#### TASK OBJECTIVE:
What lines below hold the string "streamrelay"? Copy them all.
== TASK INPUTS
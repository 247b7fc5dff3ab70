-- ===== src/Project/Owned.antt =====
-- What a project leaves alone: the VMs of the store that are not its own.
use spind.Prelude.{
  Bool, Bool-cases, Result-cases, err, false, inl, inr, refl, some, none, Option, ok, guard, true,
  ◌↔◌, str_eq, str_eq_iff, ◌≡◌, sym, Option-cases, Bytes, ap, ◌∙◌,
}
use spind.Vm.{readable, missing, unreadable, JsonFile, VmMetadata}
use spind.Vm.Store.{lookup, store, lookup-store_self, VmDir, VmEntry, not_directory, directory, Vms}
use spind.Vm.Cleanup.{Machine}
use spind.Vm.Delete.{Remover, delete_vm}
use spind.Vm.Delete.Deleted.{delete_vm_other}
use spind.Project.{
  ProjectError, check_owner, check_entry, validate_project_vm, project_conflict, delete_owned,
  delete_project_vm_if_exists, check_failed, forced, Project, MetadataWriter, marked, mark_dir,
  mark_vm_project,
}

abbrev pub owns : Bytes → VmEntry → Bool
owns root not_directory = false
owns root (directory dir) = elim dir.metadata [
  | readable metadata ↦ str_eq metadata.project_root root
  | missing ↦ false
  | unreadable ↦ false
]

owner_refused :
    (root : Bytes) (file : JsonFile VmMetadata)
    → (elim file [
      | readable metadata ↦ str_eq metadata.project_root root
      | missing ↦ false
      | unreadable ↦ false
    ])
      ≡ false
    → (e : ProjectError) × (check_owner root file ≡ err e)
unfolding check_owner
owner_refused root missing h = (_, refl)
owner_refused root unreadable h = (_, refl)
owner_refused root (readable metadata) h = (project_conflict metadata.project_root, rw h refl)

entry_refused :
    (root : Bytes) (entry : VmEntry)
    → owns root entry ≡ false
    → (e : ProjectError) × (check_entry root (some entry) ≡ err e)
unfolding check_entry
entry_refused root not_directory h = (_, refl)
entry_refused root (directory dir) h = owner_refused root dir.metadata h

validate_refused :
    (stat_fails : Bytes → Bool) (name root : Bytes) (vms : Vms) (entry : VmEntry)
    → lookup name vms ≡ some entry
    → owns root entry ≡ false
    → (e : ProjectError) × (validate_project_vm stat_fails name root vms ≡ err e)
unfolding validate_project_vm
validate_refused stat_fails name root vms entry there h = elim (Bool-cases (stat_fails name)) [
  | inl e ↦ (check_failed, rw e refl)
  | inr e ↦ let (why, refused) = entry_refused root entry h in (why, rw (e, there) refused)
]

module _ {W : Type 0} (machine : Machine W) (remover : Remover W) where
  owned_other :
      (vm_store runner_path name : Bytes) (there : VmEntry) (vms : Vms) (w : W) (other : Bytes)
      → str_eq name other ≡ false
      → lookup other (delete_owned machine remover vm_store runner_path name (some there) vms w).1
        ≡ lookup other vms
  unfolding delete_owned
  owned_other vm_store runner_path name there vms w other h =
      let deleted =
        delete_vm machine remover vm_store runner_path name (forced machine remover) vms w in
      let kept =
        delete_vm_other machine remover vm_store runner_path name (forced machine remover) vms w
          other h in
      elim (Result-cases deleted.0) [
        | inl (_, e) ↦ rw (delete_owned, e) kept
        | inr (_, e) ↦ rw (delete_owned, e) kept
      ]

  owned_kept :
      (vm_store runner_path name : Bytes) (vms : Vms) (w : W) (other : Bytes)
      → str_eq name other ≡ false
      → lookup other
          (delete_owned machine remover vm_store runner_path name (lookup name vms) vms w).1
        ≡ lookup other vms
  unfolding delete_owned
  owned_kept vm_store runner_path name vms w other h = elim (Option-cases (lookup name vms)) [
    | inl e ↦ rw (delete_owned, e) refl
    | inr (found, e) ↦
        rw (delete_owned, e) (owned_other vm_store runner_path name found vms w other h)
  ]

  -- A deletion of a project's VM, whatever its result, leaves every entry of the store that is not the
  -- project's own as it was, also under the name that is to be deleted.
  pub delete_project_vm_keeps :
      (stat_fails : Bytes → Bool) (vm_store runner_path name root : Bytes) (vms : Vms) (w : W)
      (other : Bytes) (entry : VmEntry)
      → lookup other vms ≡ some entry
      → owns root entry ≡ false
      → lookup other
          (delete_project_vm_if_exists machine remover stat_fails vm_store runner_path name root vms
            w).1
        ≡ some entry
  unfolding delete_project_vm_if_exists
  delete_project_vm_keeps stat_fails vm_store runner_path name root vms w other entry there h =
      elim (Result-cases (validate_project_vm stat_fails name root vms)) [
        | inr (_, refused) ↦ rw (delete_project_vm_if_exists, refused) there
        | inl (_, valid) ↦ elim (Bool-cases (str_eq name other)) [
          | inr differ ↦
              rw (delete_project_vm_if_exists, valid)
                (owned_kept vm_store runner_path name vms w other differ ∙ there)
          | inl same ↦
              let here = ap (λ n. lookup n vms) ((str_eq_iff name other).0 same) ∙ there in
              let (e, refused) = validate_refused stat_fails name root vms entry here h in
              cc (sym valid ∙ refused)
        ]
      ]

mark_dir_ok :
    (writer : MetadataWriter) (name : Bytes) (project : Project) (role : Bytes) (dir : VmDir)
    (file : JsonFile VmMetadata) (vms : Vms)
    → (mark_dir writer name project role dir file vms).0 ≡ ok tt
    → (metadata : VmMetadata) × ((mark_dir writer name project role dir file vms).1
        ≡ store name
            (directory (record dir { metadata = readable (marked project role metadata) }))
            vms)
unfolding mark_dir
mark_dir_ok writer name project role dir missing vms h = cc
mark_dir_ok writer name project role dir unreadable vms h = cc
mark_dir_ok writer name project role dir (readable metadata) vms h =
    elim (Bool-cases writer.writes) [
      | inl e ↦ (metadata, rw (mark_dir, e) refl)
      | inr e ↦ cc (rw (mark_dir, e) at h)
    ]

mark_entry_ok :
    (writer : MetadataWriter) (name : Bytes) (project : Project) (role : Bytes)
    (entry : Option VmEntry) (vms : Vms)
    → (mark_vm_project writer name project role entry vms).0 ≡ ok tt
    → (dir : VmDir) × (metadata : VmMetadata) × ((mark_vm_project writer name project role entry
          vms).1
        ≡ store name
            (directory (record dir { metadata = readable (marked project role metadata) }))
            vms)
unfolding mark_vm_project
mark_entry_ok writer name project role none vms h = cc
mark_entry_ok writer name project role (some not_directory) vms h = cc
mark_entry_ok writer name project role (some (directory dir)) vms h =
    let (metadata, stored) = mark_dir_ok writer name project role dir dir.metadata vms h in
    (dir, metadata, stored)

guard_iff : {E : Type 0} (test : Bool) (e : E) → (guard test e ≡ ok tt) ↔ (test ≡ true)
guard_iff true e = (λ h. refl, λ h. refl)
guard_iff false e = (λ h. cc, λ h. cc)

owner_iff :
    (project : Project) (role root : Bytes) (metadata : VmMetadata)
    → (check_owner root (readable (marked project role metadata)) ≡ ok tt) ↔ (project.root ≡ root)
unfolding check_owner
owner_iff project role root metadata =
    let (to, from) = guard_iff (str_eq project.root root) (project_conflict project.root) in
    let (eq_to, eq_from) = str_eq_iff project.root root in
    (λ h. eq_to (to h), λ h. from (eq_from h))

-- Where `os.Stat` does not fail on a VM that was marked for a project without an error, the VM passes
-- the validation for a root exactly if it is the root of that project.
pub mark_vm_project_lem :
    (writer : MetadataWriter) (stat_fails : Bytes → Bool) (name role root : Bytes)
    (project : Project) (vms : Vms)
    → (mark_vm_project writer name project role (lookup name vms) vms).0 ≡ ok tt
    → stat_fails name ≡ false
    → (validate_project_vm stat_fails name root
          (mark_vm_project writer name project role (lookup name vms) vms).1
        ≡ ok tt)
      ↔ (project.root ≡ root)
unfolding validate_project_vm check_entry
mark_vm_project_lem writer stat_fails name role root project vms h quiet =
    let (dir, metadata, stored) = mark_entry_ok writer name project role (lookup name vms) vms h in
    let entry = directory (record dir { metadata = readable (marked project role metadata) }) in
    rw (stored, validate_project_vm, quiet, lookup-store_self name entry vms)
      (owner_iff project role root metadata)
====
== TASK INPUTS
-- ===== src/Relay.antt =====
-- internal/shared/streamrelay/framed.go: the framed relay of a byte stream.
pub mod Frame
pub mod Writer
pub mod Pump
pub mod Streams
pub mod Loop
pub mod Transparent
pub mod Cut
====
== TASK INPUTS
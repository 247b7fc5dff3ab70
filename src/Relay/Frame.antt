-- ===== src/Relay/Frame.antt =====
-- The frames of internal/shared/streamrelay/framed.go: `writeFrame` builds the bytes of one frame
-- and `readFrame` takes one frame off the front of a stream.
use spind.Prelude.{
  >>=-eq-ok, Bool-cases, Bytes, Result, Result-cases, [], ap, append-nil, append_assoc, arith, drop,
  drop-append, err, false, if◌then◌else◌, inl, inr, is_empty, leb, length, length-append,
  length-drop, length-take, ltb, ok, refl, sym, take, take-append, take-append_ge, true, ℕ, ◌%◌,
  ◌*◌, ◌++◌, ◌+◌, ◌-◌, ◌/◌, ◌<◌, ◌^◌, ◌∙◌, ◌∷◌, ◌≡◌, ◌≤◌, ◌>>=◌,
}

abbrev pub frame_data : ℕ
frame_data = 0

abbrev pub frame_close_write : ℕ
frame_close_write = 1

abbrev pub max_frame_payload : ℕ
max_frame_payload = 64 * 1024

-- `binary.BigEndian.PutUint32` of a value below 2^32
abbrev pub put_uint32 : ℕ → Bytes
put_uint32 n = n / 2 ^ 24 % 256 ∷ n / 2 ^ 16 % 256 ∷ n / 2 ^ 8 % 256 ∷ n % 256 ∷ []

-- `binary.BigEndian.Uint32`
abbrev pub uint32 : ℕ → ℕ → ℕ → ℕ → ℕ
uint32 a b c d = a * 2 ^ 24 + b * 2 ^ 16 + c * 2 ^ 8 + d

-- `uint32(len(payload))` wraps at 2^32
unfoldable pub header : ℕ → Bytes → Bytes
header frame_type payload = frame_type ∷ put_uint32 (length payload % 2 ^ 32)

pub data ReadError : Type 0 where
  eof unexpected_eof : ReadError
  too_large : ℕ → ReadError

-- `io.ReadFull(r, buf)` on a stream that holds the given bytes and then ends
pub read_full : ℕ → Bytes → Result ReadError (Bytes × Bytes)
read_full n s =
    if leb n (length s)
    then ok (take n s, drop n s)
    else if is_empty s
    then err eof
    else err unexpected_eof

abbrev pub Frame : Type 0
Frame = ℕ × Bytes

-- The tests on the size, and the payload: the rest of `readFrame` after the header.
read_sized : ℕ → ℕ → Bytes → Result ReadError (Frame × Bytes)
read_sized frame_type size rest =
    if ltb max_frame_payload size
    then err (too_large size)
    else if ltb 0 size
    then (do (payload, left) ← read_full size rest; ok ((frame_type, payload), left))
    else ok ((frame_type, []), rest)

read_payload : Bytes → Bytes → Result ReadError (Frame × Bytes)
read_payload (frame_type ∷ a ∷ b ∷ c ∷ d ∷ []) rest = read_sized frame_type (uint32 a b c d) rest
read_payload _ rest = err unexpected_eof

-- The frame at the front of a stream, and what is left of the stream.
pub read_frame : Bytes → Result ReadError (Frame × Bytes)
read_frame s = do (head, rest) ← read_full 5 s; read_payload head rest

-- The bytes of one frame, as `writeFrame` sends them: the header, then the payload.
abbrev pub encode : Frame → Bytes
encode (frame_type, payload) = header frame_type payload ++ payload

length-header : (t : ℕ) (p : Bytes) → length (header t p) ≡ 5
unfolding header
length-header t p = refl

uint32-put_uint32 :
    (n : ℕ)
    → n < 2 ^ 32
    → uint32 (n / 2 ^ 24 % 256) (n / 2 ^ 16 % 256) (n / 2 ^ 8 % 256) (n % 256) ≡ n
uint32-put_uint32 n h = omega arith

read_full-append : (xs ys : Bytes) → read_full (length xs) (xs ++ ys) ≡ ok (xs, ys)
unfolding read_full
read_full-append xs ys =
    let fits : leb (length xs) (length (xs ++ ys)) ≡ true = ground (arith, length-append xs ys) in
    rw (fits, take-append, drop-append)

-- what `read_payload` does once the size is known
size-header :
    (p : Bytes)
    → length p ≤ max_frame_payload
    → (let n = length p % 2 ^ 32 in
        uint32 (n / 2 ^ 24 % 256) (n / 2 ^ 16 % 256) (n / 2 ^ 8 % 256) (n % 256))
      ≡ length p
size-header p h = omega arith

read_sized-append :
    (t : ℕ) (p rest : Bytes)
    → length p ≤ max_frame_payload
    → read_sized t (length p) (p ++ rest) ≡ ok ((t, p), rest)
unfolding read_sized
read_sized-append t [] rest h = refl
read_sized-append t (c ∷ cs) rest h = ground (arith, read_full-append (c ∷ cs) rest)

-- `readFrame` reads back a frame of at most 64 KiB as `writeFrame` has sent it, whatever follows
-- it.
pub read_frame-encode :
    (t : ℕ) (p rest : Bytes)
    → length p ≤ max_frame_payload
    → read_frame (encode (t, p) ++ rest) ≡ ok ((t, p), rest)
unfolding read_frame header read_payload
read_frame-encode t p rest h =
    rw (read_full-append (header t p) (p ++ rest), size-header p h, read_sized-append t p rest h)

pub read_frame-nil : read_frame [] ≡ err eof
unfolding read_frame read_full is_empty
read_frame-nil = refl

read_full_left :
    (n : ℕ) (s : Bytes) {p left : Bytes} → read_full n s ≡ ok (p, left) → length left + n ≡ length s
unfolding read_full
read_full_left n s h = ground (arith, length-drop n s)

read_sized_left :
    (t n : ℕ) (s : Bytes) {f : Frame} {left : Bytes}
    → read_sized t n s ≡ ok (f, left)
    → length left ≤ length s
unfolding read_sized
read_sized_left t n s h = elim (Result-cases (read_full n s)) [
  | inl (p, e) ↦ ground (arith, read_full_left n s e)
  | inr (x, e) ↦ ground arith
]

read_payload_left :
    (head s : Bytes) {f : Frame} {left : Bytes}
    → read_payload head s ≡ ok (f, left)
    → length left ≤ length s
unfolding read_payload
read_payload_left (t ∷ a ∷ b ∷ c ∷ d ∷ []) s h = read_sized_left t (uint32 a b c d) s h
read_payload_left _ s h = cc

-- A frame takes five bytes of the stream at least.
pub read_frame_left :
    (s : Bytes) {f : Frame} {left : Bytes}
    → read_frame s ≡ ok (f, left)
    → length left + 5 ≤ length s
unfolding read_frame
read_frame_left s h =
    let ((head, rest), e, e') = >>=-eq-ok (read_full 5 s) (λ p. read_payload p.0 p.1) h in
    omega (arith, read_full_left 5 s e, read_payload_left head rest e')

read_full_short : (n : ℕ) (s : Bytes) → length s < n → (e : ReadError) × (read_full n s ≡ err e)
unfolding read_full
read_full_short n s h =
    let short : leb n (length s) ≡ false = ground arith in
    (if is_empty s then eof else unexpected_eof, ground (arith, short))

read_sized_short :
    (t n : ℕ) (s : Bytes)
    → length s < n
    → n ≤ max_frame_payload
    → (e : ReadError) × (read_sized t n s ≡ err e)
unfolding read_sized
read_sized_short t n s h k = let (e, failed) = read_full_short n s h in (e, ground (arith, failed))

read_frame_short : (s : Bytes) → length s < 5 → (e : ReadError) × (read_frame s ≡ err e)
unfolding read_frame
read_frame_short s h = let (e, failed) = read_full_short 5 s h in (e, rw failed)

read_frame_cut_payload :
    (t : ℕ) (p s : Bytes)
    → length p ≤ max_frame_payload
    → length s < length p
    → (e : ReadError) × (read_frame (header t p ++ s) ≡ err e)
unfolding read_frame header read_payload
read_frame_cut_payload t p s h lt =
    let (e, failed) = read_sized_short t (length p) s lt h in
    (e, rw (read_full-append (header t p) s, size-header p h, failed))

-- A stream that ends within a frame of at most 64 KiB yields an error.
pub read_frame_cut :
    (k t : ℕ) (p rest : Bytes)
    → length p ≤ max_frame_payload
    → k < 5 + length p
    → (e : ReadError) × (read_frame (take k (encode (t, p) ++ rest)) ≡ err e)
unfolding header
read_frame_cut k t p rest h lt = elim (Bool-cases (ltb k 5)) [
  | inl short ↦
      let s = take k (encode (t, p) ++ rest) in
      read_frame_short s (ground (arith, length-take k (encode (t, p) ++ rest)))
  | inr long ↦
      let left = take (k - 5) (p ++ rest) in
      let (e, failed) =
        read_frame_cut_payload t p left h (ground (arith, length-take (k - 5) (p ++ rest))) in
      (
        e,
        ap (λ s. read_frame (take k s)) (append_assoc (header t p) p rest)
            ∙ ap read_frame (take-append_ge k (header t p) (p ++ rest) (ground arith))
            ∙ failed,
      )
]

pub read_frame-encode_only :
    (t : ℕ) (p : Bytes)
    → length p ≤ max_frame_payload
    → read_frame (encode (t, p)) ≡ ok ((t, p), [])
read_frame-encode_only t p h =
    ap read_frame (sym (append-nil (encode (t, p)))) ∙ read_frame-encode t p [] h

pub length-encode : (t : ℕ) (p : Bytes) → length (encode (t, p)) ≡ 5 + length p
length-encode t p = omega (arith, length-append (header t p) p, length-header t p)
====
#### TASK OUTPUT:
-- internal/shared/streamrelay/framed.go: the framed relay of a byte stream.
-- The frames of internal/shared/streamrelay/framed.go: `writeFrame` builds the bytes of one frame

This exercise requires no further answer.